Ruo River is the largest tributary of the Shire River in southern Malawi and Mozambique. It originates from the Mulanje Massif (Malawi) and forms 80 km of the Malawi-Mozambique border. It joins the Shire River at Chiromo.

The Ruo River watershed includes the southern slopes of the Mulanje Massif and Shire Highlands in Malawi. Its principal tributary is the Thuchila (or Tuchila) River, which drains the southwestern slopes of Mulanje and the southeastern slopes of the Shire Highlands and the Thuchila plain between them. The confluence of the Ruo and Thuchila is near Sandama. The Ruo and its left bank tributaries also drain a portion of Milange District in neighboring Mozambique.

Zoa Falls (16°18'27"S 35°17'10"E) has a 60-meter drop, and effectively isolates the fish populations upstream in the Ruo watershed from those of the lower Zambezi and Shire rivers.

The Shire Highlands Railway follows the lower course of the Ruo between Sandama and Chiromo.

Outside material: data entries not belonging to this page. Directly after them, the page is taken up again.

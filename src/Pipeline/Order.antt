-- ===== src/Pipeline/Order.antt =====
-- Instructions are dispatched in the order of the program, and those that are done are known as
-- retired.
use accelsim_lite.Prelude.{
  ℕ, zero, suc, ◌+◌, ◌≤◌, ◌<◌, ◌≡◌, refl, sym, ◌∙◌, ◌≢◌, List, [], ◌∷◌, ◌++◌, arith, count, ap,
  true, contains, contains-insert, length, modify, get_or-modify, get_or-modify_read,
}
use mathlib.Core.Path.{ap₂}
use accelsim_lite.Config.{SimulatorConfig}
use accelsim_lite.Pipeline.{State, retire_one, after_tick, at, resume}
use accelsim_lite.Pipeline.Moves.{
  Move, retires, advances, wakes, requeues, postpones, issues_memory, issues_compute, stalls,
  dispatches, decodes, fetches, ticks,
}
use accelsim_lite.Pipeline.Front.{
  wake_up, requeue, begin_execution, postpone, dispatch_one, decode_one, fetch_one, end_cycle,
}
use mathlib.Core.List.{append_assoc}
use accelsim_lite.Instruction.{
  fetch, decode, dispatch, ready, execute, done, stage_rank, Instruction, blank,
}
use accelsim_lite.Pipeline.Program.{Move-SameProgram}
use accelsim_lite.Pipeline.Placement.{IsPlaced}
use accelsim_lite.Pipeline.Forward.{complete_all-stage, complete_all-eq}

-- The numbers from `first` on.
abbrev pub range : ℕ → ℕ → List ℕ
range first zero = []
range first (suc n) = first ∷ range (suc first) n

range-concat : (first n : ℕ) → range first n ++ (first + n) ∷ [] ≡ range first (suc n)
range-concat first zero = ground arith
range-concat first (suc n) = ground (arith, range-concat (suc first) n)

-- A number below the first one is not in the range.
pub count-range : (a first n : ℕ) → a < first → count a (range first n) ≡ 0
count-range a first zero h = refl
count-range a first (suc n) h = ground (arith, count-range a (suc first) n)

-- A number in the range is in it.
pub count-range-ne : (a first n : ℕ) → first ≤ a → a < first + n → count a (range first n) ≢ 0
count-range-ne a first zero lo hi = absurd (omega arith)
count-range-ne a first (suc n) lo hi = ground (arith, count-range-ne a (suc first) n)

-- What waits for dispatch is the end of what has been fetched, in its order.
pub record IsOrdered (s : State) : Type 0 where
  pub first : ℕ
  pub waiting : ℕ
  pub in_order : s.decode_q ++ s.fetch_q ≡ range first waiting
  pub reaches : first + waiting ≡ s.next_to_fetch

append_cons : (xs ys : List ℕ) (y : ℕ) → xs ++ y ∷ ys ≡ (xs ++ y ∷ []) ++ ys
append_cons [] ys y = refl
append_cons (x ∷ xs) ys y = simp (append_cons xs ys y)

range-tail :
    (first n idx : ℕ) (rest : List ℕ)
    → idx ∷ rest ≡ range first n
    → (m : ℕ) × (n ≡ suc m) × (rest ≡ range (suc first) m)
range-tail first zero idx rest e = absurd (cc)
range-tail first (suc n) idx rest e = (n, refl, ground arith)

keeps_order :
    (s t : State)
    → t.decode_q ≡ s.decode_q
    → t.fetch_q ≡ s.fetch_q
    → t.next_to_fetch ≡ s.next_to_fetch
    → IsOrdered s
    → IsOrdered t
keeps_order s t d f n v = record {
  first = v.first;
  waiting = v.waiting;
  in_order = ap₂ (λ xs ys. xs ++ ys) d f ∙ v.in_order;
  reaches = v.reaches ∙ sym n;
}

dispatch-IsOrdered :
    (s : State) (idx : ℕ) (rest : List ℕ)
    → s.decode_q ≡ idx ∷ rest
    → IsOrdered s
    → IsOrdered (dispatch_one idx (record s { decode_q = rest }))
unfolding dispatch_one
dispatch-IsOrdered s idx rest e v =
    let (m, n, tail) =
      range-tail v.first v.waiting idx (rest ++ s.fetch_q)
        (ap (λ xs. xs ++ s.fetch_q) (sym e) ∙ v.in_order) in
    record { first = suc v.first; waiting = m; in_order = tail; reaches = omega (arith, v.reaches) }

decode-IsOrdered :
    (s : State) (idx : ℕ) (rest : List ℕ)
    → s.fetch_q ≡ idx ∷ rest
    → IsOrdered s
    → IsOrdered (decode_one idx (record s { fetch_q = rest }))
unfolding decode_one
decode-IsOrdered s idx rest e v = record {
  first = v.first;
  waiting = v.waiting;
  in_order =
      sym (append_cons s.decode_q rest idx) ∙ (ap (λ xs. s.decode_q ++ xs) (sym e) ∙ v.in_order);
  reaches = v.reaches;
}

fetch-IsOrdered : (s : State) → IsOrdered s → IsOrdered (fetch_one s)
unfolding fetch_one
fetch-IsOrdered s v = record {
  first = v.first;
  waiting = suc v.waiting;
  in_order =
      sym (append_assoc s.decode_q s.fetch_q (s.next_to_fetch ∷ []))
      ∙ (ap (λ xs. xs ++ s.next_to_fetch ∷ []) v.in_order
          ∙ (ap (λ n. range v.first v.waiting ++ n ∷ []) (sym v.reaches)
              ∙ range-concat v.first v.waiting));
  reaches = omega (arith, v.reaches);
}

pub Move-IsOrdered :
    {config : SimulatorConfig} (s t : State) → Move config s t → IsOrdered s → IsOrdered t
unfolding retire_one wake_up requeue begin_execution postpone end_cycle after_tick
Move-IsOrdered _ _ (retires s idx rest e) v = keeps_order s _ refl refl refl v
Move-IsOrdered _ _ (advances s t h) v =
    let e = complete_all-eq t.finished (resume s t) in
    keeps_order s _ (ap (λ u. u.decode_q) e) (ap (λ u. u.fetch_q) e) (ap (λ u. u.next_to_fetch) e) v
Move-IsOrdered _ _ (wakes s idx rest e sat room) v = keeps_order s _ refl refl refl v
Move-IsOrdered _ _ (requeues s idx rest stats e same) v = keeps_order s _ refl refl refl v
Move-IsOrdered _ _ (postpones s idx rest stats e same) v = keeps_order s _ refl refl refl v
Move-IsOrdered _ _ (issues_memory s idx rest e m free) v = keeps_order s _ refl refl refl v
Move-IsOrdered _ _ (issues_compute s idx rest e c free) v = keeps_order s _ refl refl refl v
Move-IsOrdered _ _ (stalls s stats same) v = keeps_order s _ refl refl refl v
Move-IsOrdered _ _ (dispatches s idx rest e room) v = dispatch-IsOrdered s idx rest e v
Move-IsOrdered _ _ (decodes s idx rest e) v = decode-IsOrdered s idx rest e v
Move-IsOrdered _ _ (fetches s lt) v = fetch-IsOrdered s v
Move-IsOrdered _ _ (ticks s) v = keeps_order s _ refl refl refl v

-- Each instruction that is done has its identifier among the retired ones.
abbrev pub AreRetired : State → Type 0
AreRetired s =
    (i : ℕ)
    → i < s.next_to_fetch
    → stage_rank (at s i).stage ≡ 6
    → contains s.retired_ids (at s i).id ≡ true

modify-AreRetired :
    (s : State) (idx : ℕ) (f : Instruction → Instruction)
    → s.next_to_fetch ≤ length s.instructions
    → ((x : Instruction) → stage_rank (f x).stage ≢ 6)
    → AreRetired s
    → AreRetired (record s { instructions = modify s.instructions idx f })
modify-AreRetired s idx f h ne v i lt over =
    ground (arith, get_or-modify_read s.instructions idx i f blank (omega arith), ne (at s i), v i)

pub Move-AreRetired :
    {config : SimulatorConfig} (s t : State)
    → Move config s t
    → IsPlaced s
    → AreRetired s
    → AreRetired t
unfolding retire_one wake_up requeue begin_execution postpone end_cycle after_tick dispatch_one
    decode_one fetch_one
Move-AreRetired _ _ (retires s idx rest e) p v = λ i lt d. ground (
  arith,
  get_or-modify_read s.instructions idx i (λ x. record x { stage = done }) blank
      (omega (arith, p.in_range)),
  contains-insert (at s idx).id (at s i).id s.retired_ids,
  v i,
)
Move-AreRetired {config} _ _ (advances s t h) p v = λ i lt d.
    let m : Move config s (after_tick s t) = advances s t h in
    let e = complete_all-eq t.finished (resume s t) in
    ground (
      arith,
      p.in_range,
      ap (λ u. u.next_to_fetch) e,
      ap (λ u. contains u.retired_ids (at s i).id) e,
      ((Move-SameProgram m).same_at i).same_id,
      complete_all-stage t.finished (resume s t) i,
      v i,
    )
Move-AreRetired _ _ (wakes s idx rest e sat room) p v =
    modify-AreRetired s idx (λ x. record x { stage = ready }) p.in_range (λ x. omega arith) v
Move-AreRetired _ _ (requeues s idx rest stats e same) p v = v
Move-AreRetired _ _ (postpones s idx rest stats e same) p v = v
Move-AreRetired _ _ (issues_memory s idx rest e m free) p v =
    modify-AreRetired s idx (λ x. record x { stage = execute; issue_cycle = s.cycle }) p.in_range
      (λ x. omega arith) v
Move-AreRetired _ _ (issues_compute s idx rest e c free) p v =
    modify-AreRetired s idx (λ x. record x { stage = execute; issue_cycle = s.cycle }) p.in_range
      (λ x. omega arith) v
Move-AreRetired _ _ (stalls s stats same) p v = v
Move-AreRetired _ _ (dispatches s idx rest e room) p v =
    modify-AreRetired s idx (λ x. record x { stage = dispatch }) p.in_range (λ x. omega arith) v
Move-AreRetired _ _ (decodes s idx rest e) p v =
    modify-AreRetired s idx (λ x. record x { stage = decode }) p.in_range (λ x. omega arith) v
Move-AreRetired _ _ (fetches s lt) p v = λ i less d. ground (
  arith,
  get_or-modify s.instructions s.next_to_fetch i
      (λ x. record x { stage = fetch; enqueue_cycle = s.cycle }) blank lt,
  v i,
)
Move-AreRetired _ _ (ticks s) p v = v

==Ruo River screeching frog==
Frog Arthroleptis francei was first collected from near the Ruo River on the slopes of the Mulanje Massif. One of its common names is Ruo River screeching frog. Its other common name, France's squeaker, as well as its specific name francei carry a tragic history. Mr. F. H. France was a young forestry officer who perished in trying to cross the Ruo River close to where Arthroleptis francei were first collected. Arthur Loveridge, the scientist who described the species, named it after France so that "his name may be linked with the forests he sought to preserve on the mountain he loved so well." Despite its connection with river though its history and naming, this frog is a terrestrial species living in leaf litter.